EXERCISE DETAILS: From the records that follow, give the number of lines that include the word "codes", with no further words.

Saved entries:
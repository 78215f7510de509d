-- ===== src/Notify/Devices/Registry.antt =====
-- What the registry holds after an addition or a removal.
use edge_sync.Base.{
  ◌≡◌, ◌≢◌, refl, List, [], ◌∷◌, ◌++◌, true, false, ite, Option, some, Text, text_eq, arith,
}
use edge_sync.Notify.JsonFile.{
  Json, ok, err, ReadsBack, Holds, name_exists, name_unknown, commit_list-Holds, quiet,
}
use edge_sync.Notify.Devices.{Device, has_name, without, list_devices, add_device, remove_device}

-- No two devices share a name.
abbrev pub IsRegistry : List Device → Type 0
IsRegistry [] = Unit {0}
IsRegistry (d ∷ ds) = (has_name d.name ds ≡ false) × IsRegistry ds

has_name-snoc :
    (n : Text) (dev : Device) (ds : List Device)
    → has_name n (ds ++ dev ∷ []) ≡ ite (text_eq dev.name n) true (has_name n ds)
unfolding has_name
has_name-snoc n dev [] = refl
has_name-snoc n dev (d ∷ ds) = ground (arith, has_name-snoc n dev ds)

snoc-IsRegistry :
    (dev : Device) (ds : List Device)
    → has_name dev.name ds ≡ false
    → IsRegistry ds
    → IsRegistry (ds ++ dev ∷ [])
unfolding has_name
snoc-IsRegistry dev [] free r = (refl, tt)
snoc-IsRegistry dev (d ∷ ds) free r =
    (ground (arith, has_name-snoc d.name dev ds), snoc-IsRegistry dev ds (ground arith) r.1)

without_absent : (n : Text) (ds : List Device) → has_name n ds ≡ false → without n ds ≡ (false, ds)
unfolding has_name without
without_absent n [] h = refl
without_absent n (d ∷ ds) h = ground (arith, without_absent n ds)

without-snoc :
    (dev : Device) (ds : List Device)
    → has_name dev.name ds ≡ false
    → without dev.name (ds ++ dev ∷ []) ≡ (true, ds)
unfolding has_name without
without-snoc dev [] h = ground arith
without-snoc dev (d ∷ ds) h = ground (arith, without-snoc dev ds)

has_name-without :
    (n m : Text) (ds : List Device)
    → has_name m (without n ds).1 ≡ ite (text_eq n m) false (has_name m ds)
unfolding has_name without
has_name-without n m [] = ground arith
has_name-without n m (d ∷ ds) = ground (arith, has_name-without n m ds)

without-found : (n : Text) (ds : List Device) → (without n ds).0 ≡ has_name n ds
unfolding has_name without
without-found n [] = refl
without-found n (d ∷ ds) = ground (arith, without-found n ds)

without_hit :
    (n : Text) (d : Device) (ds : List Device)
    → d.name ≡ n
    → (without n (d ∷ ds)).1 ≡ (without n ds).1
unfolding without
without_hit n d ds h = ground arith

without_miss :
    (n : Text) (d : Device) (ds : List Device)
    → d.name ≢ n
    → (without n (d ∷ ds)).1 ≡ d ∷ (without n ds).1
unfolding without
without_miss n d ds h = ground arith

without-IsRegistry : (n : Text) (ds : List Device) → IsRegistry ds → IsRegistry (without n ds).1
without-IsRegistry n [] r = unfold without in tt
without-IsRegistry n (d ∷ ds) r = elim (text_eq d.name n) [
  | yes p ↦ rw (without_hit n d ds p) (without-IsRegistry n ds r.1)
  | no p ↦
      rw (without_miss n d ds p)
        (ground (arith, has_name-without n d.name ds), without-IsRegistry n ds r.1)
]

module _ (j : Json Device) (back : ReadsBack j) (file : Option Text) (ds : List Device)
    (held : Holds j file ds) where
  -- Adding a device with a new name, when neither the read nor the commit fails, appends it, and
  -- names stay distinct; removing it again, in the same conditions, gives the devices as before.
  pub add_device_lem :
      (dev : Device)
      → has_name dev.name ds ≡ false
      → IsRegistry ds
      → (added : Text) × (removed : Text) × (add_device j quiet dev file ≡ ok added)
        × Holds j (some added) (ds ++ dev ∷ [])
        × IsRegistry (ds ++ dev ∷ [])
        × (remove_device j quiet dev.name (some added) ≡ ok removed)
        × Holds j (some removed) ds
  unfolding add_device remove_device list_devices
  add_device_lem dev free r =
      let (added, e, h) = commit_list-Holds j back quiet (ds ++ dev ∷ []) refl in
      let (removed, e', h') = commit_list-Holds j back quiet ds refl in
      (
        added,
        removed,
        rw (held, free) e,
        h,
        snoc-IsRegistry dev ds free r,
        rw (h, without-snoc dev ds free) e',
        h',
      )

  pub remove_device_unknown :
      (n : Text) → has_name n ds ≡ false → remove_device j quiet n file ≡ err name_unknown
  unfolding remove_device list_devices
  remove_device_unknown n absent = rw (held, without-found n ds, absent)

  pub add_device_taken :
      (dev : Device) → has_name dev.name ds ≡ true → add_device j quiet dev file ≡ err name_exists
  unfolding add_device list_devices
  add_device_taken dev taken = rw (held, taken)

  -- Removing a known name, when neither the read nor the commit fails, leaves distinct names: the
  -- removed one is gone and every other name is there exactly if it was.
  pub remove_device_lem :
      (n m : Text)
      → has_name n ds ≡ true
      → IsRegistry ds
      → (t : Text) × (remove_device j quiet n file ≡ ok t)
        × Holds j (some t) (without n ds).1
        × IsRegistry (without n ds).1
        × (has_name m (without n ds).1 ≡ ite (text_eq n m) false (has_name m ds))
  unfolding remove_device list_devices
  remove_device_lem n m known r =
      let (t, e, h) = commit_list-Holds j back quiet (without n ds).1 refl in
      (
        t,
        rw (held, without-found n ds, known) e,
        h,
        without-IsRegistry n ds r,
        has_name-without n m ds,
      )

--

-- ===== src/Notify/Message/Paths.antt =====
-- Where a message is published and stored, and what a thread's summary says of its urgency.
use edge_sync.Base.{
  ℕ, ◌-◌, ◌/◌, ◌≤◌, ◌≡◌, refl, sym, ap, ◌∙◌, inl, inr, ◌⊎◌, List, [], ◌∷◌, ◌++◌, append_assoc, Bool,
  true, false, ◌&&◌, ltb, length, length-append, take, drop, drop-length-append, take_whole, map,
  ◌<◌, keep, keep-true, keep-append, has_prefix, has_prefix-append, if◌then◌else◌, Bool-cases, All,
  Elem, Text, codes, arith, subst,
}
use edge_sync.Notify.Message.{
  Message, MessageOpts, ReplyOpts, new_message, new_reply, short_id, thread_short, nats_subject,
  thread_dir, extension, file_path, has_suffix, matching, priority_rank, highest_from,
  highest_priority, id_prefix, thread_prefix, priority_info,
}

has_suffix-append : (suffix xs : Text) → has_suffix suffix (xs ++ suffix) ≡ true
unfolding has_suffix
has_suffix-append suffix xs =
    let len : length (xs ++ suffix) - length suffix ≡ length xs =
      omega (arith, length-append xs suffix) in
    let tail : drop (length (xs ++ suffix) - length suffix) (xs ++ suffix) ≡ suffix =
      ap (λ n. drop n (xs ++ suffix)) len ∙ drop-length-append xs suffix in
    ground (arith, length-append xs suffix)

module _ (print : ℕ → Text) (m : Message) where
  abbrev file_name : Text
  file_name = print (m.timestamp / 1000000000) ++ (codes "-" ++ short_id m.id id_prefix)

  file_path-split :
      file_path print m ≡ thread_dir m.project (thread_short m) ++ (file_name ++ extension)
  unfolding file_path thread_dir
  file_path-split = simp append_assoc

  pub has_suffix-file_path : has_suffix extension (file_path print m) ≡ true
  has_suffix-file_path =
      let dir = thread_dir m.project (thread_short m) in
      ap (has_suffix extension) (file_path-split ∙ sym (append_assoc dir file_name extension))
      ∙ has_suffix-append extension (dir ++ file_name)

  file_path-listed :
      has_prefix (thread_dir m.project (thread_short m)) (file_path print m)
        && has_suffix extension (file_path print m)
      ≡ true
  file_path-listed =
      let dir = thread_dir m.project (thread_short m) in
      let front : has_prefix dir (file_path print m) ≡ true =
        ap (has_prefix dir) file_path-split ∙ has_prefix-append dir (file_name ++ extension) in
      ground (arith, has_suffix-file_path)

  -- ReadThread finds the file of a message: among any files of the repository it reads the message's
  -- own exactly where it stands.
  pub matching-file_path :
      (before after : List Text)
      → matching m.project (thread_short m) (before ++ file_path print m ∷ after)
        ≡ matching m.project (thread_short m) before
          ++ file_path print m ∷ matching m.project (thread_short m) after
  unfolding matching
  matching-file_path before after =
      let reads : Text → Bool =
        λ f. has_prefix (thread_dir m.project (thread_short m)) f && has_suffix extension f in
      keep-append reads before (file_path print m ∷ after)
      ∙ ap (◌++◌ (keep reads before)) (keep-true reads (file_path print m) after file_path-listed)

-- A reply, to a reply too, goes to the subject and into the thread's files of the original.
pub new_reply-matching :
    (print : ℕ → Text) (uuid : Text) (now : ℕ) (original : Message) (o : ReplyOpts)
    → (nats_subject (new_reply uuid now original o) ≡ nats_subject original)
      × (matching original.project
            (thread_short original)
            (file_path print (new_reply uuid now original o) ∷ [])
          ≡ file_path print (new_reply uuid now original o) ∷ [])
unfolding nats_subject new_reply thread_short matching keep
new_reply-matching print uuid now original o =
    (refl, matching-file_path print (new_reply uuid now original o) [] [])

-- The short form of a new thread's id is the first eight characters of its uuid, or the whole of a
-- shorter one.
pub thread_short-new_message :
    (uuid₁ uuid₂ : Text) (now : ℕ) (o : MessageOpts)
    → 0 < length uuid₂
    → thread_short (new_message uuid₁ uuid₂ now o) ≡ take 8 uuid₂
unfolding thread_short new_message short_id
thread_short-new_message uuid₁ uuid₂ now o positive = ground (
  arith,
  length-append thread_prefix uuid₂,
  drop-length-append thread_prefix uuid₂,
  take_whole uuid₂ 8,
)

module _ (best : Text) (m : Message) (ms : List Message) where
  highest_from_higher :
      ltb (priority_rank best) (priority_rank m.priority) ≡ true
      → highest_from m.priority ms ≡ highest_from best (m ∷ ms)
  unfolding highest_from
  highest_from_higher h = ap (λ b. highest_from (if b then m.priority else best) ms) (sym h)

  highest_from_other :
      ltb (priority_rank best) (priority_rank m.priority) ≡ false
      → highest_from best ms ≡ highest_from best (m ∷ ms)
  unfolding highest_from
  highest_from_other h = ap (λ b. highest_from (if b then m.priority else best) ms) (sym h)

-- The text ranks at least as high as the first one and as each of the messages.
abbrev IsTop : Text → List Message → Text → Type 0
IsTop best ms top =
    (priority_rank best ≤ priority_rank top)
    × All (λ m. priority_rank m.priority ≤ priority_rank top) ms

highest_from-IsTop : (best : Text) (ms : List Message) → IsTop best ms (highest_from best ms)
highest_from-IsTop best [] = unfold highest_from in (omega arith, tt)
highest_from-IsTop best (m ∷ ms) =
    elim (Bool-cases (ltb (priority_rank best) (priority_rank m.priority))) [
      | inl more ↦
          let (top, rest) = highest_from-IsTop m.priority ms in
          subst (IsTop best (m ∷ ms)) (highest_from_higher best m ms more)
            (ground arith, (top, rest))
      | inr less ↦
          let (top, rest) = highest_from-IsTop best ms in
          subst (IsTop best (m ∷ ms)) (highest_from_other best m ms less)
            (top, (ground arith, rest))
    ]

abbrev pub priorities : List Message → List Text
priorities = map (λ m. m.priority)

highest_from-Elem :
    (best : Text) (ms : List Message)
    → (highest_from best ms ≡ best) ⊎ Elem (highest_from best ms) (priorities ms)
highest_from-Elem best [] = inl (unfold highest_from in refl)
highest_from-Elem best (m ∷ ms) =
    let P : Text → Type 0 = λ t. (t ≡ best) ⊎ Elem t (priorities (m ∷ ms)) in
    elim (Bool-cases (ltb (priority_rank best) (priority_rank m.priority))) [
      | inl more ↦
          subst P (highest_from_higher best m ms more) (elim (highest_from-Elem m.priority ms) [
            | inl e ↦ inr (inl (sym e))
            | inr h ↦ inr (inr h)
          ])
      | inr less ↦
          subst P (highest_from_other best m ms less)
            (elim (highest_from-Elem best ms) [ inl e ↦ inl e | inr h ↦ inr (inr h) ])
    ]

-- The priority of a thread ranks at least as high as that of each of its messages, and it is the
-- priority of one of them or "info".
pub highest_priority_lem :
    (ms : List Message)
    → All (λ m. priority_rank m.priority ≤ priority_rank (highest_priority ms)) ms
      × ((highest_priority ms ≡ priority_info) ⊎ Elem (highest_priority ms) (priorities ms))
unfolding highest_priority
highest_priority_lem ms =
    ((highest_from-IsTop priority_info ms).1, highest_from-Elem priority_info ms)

RESULT OF THE TASK: 2